Exercise description → Every line of the records below that holds the word "symlink" should be copied out.

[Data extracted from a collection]
==============================
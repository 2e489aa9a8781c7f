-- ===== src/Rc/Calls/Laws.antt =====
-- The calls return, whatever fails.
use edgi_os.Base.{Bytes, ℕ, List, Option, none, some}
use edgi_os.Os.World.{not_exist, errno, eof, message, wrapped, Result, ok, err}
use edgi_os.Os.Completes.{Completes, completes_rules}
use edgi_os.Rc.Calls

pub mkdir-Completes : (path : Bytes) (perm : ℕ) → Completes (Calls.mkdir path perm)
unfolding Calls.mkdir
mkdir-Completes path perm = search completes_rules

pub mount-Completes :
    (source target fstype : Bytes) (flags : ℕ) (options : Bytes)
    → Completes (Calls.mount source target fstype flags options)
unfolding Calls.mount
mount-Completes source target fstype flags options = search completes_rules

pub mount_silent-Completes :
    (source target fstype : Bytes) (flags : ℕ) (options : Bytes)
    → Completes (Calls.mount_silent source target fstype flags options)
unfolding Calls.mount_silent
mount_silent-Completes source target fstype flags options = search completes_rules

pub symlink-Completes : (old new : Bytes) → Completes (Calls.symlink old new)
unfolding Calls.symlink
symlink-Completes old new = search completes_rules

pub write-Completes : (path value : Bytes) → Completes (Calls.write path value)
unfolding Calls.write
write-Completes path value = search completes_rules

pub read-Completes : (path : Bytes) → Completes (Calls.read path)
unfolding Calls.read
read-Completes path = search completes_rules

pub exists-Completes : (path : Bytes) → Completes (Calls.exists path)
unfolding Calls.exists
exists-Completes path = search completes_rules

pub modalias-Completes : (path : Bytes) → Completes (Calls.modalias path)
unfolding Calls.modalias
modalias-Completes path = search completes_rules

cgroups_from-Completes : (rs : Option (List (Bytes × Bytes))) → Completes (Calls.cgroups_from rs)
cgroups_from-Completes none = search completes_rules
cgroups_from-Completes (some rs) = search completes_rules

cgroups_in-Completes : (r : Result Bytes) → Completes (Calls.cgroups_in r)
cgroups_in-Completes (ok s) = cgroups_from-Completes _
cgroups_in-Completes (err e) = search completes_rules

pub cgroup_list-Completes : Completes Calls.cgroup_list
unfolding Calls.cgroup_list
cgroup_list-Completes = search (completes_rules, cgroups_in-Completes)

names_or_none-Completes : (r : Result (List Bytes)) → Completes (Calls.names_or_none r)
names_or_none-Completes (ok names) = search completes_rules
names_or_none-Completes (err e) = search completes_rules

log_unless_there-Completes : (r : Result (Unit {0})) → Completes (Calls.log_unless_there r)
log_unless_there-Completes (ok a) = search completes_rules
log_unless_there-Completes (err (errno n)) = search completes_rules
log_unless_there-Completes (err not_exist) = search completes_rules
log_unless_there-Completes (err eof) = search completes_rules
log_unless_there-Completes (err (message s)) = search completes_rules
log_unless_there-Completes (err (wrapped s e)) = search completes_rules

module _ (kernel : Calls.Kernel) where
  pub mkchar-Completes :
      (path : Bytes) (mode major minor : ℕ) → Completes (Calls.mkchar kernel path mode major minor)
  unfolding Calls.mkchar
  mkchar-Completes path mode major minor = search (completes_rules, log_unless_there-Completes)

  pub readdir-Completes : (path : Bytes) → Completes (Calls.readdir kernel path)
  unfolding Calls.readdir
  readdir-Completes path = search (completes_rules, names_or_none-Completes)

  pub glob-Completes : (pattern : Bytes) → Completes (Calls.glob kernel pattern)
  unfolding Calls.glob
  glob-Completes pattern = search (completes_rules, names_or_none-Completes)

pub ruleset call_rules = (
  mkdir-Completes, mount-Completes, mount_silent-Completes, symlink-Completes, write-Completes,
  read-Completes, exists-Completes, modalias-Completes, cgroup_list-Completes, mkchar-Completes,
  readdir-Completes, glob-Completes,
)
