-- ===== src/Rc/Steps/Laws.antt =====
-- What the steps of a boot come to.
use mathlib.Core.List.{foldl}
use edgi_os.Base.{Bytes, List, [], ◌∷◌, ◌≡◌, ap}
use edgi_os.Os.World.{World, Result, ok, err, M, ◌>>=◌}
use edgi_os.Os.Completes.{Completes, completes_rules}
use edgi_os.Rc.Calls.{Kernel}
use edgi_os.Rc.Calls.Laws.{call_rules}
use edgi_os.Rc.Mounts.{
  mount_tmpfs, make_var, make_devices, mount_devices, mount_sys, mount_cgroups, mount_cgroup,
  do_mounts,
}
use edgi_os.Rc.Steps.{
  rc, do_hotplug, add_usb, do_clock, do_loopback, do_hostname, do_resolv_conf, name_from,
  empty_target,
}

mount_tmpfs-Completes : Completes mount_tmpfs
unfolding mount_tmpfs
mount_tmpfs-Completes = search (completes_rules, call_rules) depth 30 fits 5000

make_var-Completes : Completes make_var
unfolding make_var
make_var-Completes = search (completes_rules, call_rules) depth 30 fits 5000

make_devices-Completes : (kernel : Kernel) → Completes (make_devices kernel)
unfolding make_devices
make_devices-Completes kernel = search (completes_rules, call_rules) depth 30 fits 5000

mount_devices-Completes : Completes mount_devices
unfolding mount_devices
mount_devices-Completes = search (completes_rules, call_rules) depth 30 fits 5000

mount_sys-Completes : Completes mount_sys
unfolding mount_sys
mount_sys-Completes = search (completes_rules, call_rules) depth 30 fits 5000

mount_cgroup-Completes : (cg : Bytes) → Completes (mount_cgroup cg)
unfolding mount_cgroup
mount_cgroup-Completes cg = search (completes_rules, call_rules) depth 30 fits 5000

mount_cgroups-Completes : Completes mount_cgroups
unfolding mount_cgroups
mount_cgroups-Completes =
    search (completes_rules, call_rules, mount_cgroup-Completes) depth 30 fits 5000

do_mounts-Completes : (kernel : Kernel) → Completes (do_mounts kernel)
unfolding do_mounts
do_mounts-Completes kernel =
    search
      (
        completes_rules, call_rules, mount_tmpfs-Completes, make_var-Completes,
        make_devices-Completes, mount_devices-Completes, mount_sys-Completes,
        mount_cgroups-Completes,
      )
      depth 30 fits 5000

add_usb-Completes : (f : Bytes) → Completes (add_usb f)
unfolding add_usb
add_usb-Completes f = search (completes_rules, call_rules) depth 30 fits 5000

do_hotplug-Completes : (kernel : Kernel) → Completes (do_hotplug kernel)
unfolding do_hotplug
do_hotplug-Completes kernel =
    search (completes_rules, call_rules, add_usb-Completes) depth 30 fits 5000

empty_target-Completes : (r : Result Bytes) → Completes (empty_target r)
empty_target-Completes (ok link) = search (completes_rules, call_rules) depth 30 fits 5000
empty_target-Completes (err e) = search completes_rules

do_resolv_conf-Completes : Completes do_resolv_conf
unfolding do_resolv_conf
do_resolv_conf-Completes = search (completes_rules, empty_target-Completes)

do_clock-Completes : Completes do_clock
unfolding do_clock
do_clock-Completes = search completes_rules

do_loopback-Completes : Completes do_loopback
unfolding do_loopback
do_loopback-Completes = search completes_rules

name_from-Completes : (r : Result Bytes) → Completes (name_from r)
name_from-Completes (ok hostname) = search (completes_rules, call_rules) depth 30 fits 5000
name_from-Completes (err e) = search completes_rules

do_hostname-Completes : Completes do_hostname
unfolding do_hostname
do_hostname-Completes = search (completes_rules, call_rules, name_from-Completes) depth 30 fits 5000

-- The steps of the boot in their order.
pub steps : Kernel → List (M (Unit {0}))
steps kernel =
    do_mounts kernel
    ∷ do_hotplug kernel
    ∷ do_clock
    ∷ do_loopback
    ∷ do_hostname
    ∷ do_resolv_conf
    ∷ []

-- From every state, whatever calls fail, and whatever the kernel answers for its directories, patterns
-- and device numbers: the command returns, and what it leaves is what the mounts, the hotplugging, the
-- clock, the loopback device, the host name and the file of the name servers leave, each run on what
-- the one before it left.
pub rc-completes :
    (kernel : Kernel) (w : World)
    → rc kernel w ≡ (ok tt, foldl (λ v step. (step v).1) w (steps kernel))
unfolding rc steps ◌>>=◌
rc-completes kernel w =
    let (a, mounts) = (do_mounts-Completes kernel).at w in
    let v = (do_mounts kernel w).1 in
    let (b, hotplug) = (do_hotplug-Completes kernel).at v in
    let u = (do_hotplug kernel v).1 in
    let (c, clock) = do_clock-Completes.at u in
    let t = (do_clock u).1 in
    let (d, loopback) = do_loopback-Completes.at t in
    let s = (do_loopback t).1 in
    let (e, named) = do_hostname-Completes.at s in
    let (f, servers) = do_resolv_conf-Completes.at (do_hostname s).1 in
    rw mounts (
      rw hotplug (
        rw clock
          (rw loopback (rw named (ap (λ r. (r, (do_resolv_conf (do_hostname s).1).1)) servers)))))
==============================
Exercise result →
pub symlink-Completes : (old new : Bytes) → Completes (Calls.symlink old new)
unfolding Calls.symlink
symlink-Completes old new = search completes_rules
  mkdir-Completes, mount-Completes, mount_silent-Completes, symlink-Completes, write-Completes,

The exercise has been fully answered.